- DIRECTIONS FOR THIS TASK:
Exactly as written, restate the material below from its first line through the line containing "pub data FundType : Type 0 where", and stop there.
--- LISTED ENTRIES Enclosed Below ---
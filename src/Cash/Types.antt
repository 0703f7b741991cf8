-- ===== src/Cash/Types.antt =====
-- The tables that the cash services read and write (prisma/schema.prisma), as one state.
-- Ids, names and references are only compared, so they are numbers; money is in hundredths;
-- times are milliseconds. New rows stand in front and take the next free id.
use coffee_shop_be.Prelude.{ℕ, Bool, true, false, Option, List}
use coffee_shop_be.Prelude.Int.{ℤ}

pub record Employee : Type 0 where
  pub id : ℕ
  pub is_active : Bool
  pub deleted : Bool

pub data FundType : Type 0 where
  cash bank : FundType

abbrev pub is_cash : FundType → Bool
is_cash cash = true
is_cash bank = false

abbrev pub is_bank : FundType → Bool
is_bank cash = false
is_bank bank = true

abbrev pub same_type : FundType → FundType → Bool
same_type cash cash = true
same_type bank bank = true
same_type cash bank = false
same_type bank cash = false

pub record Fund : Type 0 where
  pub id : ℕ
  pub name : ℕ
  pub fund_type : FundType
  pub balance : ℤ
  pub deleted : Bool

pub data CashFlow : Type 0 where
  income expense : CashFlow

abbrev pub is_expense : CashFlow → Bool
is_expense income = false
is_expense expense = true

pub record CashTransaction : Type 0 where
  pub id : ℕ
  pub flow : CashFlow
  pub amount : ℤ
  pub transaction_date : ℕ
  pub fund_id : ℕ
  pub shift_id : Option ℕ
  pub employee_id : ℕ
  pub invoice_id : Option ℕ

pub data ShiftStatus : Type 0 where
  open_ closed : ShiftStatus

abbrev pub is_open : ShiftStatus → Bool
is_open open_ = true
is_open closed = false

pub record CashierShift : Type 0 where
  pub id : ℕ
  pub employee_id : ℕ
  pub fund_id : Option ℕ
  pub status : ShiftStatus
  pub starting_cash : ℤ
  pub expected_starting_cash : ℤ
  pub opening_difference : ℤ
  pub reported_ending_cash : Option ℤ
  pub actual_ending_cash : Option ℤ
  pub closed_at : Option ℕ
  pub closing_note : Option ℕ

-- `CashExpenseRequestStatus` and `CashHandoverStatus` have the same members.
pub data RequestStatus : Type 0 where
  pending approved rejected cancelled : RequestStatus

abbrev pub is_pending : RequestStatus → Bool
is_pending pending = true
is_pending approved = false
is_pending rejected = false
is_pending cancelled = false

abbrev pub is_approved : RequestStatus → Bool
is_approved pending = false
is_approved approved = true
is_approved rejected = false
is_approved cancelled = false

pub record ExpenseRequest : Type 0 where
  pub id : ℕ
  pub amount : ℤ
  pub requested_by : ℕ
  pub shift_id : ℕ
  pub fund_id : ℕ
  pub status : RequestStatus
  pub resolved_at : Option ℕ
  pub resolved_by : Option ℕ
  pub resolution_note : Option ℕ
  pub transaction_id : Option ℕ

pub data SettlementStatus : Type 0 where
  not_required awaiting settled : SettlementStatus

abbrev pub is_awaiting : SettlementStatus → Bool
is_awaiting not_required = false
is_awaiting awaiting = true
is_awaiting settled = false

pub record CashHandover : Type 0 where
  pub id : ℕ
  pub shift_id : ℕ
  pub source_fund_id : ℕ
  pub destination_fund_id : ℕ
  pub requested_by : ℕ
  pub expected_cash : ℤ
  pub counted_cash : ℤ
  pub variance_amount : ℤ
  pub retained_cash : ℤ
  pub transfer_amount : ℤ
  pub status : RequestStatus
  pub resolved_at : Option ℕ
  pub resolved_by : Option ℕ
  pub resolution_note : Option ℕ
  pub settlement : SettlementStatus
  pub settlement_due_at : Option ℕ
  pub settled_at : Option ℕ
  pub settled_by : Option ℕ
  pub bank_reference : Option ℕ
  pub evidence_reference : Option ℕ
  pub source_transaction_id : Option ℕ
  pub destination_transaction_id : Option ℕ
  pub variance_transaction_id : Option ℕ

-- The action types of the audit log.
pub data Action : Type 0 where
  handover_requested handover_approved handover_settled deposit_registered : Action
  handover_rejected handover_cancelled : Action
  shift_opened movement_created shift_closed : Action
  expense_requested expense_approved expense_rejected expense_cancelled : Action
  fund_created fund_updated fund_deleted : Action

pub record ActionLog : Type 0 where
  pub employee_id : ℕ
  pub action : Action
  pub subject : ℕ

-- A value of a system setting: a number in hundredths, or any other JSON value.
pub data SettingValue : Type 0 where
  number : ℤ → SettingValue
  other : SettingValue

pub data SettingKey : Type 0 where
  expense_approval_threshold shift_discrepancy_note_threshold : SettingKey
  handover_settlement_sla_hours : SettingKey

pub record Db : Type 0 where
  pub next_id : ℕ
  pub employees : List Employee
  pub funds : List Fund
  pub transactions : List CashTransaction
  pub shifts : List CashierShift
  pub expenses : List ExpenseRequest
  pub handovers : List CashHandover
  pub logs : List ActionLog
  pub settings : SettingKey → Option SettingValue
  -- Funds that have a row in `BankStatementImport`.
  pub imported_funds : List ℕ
--- End of Enclosed LISTED ENTRIES ---
- WRITTEN SOLUTION:
filename src/Cash/Types.antt
repository 0703f7b741991cf8
-- ===== src/Cash/Types.antt =====
-- The tables that the cash services read and write (prisma/schema.prisma), as one state.
-- Ids, names and references are only compared, so they are numbers; money is in hundredths;
-- times are milliseconds. New rows stand in front and take the next free id.
use coffee_shop_be.Prelude.{ℕ, Bool, true, false, Option, List}
use coffee_shop_be.Prelude.Int.{ℤ}

pub record Employee : Type 0 where
  pub id : ℕ
  pub is_active : Bool
  pub deleted : Bool

pub data FundType : Type 0 where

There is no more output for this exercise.